振り向かなくてもわかる。自分を掴んでいる手が誰のものかなんて。

「…………すみません。できません」

「……っ、何故っ、」

カッとなって振り返ると、真っ直ぐ見下ろしてくる切実な熱視線に押し返されて、俯くしかない。

「わかりません。ただ、離したくないんです」

「…………」

 返す言葉も無く、腕を掴まれたまま黙り込む。
 どうしてコイツは待ち伏せ能力が無駄に高いんだ?周囲が見えないほど思い詰めてたくせに、どうやって僕を見つけて飛んで来た?
 自分の弱さがもどかしい。
 一度相手と結びついてしまった甘ったるい感情を、解く術をすっかり見失っている。

 薪は途方に暮れながら、凝縮した想いをぽつりと零した。

「ついて来い……どうなってもよければな」

「……ハイッ」

 薪が歩きだすと、腕を掴む手がほどけて、代わりに定位置に大きな身体が寄り添うようにぴたりとついてくる。
 互いに感じる心地良い安心を、薪は苦く、青木は胸踊らせて噛みしめながら歩いていく。



「本当に、大丈夫なのか?」

「……え?何がですか?」

 高層階に移動する綺麗なエレベーターの中。
硬い表情で訊く薪に、操作盤の前に立つ青木はにこやかに振り返る。

「本当にお前、どうなっても知らないぞ」

「ええ。今更どうしたんです?俺は全然大丈夫ですよ。あなたにお仕えした時から、命を懸ける覚悟だってできてますので」

 青木のズレた返答に、薪はハッとする。
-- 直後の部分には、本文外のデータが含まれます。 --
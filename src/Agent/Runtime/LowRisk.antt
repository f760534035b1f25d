-- ===== src/Agent/Runtime/LowRisk.antt =====
-- The reviews of plans that AgentRuntime.request_plan_review may approve by itself.
use blender_ai_sidebar.Prelude.{
  ℕ, String, ◌≤◌, ◌≡◌, refl, sym, ap, subst, ◌∙◌, arith, true, List, [], ◌∷◌, map, some, All,
  Option-cases, Bool-cases, ◌⊎◌, inl, inr,
}
use mathlib.Core.Option.{some-injective}
use blender_ai_sidebar.Core.Types.{RiskLevel, risk_order, max_risk_level}
use blender_ai_sidebar.Tools.Registry.{Tool, Registry, get_tool}
use blender_ai_sidebar.Plan.Models.{PlanStep}
use blender_ai_sidebar.Plan.Validator.Checks.{RawPlan, validate}
use blender_ai_sidebar.Plan.Validator.Sound.{max_risk_level-ge}
use blender_ai_sidebar.Plan.Review.{
  PlanReview, step_risk, make_review, Reviewed, reviewed, invalid_plan, build_plan_review,
}
use blender_ai_sidebar.Agent.Runtime.{Services}
use blender_ai_sidebar.Agent.Runtime.Plans.{is_low, is_auto_approved}

-- The step has a tool of the registry whose risk level is READ_ONLY or LOW.
abbrev pub RunsLow : Registry → PlanStep → Type 0
RunsLow registry s =
    (tool : Tool) × ((get_tool s.tool_name registry ≡ some tool)
      × ((tool.risk_level ≡ RiskLevel.read_only) ⊎ (tool.risk_level ≡ RiskLevel.low)))

-- The configuration approves plans of a low risk, and every step of this one has a tool of such.
abbrev pub NeedsNoAnswer : {W C : Type 0} → Services W C → PlanReview → Type 0
NeedsNoAnswer sv review =
    (sv.auto_approve_low_risk_plans ≡ true) × All (RunsLow sv.registry) review.plan.steps

is_low-order : (r : RiskLevel) → is_low r ≡ true → risk_order r ≤ 1
is_low-order RiskLevel.read_only h = omega arith
is_low-order RiskLevel.low h = omega arith
is_low-order r h = absurd (cc h)

order-low : (r : RiskLevel) → risk_order r ≤ 1 → (r ≡ RiskLevel.read_only) ⊎ (r ≡ RiskLevel.low)
order-low RiskLevel.read_only h = inl refl
order-low RiskLevel.low h = inr refl
order-low RiskLevel.medium h = absurd (omega (arith, h))
order-low RiskLevel.high h = absurd (omega (arith, h))
order-low RiskLevel.critical h = absurd (omega (arith, h))

module _ (registry : Registry) where
  step_risk-RunsLow : (s : PlanStep) → risk_order (step_risk registry s) ≤ 1 → RunsLow registry s
  unfolding step_risk
  step_risk-RunsLow s h = elim (Option-cases (get_tool s.tool_name registry)) [
    | inl missing ↦ absurd (omega (arith, rw (step_risk, missing) at h))
    | inr (tool, found) ↦ (tool, (found, order-low tool.risk_level (rw (step_risk, found) at h)))
  ]

  step_risks-RunsLow :
      (top : RiskLevel) (steps : List PlanStep)
      → risk_order top ≤ 1
      → All (λ r. risk_order r ≤ risk_order top) (map (step_risk registry) steps)
      → All (RunsLow registry) steps
  step_risks-RunsLow top [] low h = tt
  step_risks-RunsLow top (s ∷ steps) low h =
      (step_risk-RunsLow s (omega (arith, low, h.0)), step_risks-RunsLow top steps low h.1)

  -- The review has the greatest risk of the steps of its own plan.
  abbrev pub HasOwnRisk : Reviewed → Type 0
  HasOwnRisk (reviewed review) =
      review.overall_risk ≡ max_risk_level (map (step_risk registry) review.plan.steps)
  HasOwnRisk (invalid_plan errors) = Unit

module _ {W C : Type 0} (sv : Services W C) where
  pub is_auto_approved-NeedsNoAnswer :
      (review : PlanReview)
      → HasOwnRisk sv.registry (reviewed review)
      → is_auto_approved sv review ≡ true
      → NeedsNoAnswer sv review
  is_auto_approved-NeedsNoAnswer review own auto =
      elim (Bool-cases sv.auto_approve_low_risk_plans) [
        | inr off ↦ absurd (cc (rw off at auto))
        | inl on ↦
            let steps = review.plan.steps in
            (
              on,
              step_risks-RunsLow sv.registry _ steps
                  (is_low-order _ (ap is_low (sym own) ∙ (rw on at auto)))
                  (max_risk_level-ge (map (step_risk sv.registry) steps)),
            )
      ]

  pub build_plan_review-HasOwnRisk :
      (id : String) (t : ℕ) (call_id : String) (n : ℕ) (raw : RawPlan) (answer : Reviewed)
      → build_plan_review sv.describe sv.registry id t call_id n raw ≡ some answer
      → HasOwnRisk sv.registry answer
  unfolding build_plan_review make_review
  build_plan_review-HasOwnRisk id t call_id n raw answer h =
      elim (Option-cases (validate sv.registry id raw)) [
        | inl failed ↦ absurd (cc (rw (build_plan_review, failed) at h))
        | inr (result, came) ↦ elim (Bool-cases result.valid) [
          | inr invalid ↦
              subst (HasOwnRisk sv.registry)
                (some-injective (invalid_plan result.errors) answer
                  (rw (build_plan_review, came, invalid) at h))
                tt
          | inl valid ↦ elim (Option-cases result.plan) [
            | inl missing ↦
                subst (HasOwnRisk sv.registry)
                  (some-injective (invalid_plan result.errors) answer
                    (rw (build_plan_review, came, valid, missing) at h))
                  tt
            | inr (plan, there) ↦
                subst (HasOwnRisk sv.registry)
                  (some-injective (reviewed (make_review sv.describe sv.registry t call_id n plan))
                    answer (rw (build_plan_review, came, valid, there) at h))
                  refl
          ]
        ]
      ]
実際ズレてるのはこっちだと気づいたからだ。
 これから踏み入れようとしている領域は、今の青木の常識や価値観を覆すものになるだろう。
 自分の望む全てを晒すわけじゃないが、ほんの一部でさえ、青木の理解を超えるものかもしれない。
 薪は背筋をぞくりと凍らせたまま、エレベーターが宿泊先のフロアに止まったのに気づく。


「思い出したが、お前はもう僕の部下じゃない」

 先に降り立った薪は、後に続く青木に振り返って、ぎこちなく口の端で笑顔を作った。

「さっきの条件は撤回だ……嫌なら拒否したっていい。僕のためにどうなってもいいなんて、もう二度と言うな」

「…………はい」

 青木は一瞬驚いた顔をしたが、すぐに穏やかな表情になって頷き、また薪の傍について歩きだす。
 少し震えた可愛らしい声に、鼓動が熱く跳ねたことにも、特段気にかけもしなかった。
 薪といて胸が高鳴ることなんて、今までも普通によくあることだったから。

 とにかく今は、薪といられるのが嬉しい。
 薪に導かれてホテルの一室に入るトキメキの正体なんて、どうでも良かった。
 薪を慕う気持ちが溢れて止まらなくて、ただただ一緒にいられるだけで、幸せだったのだ。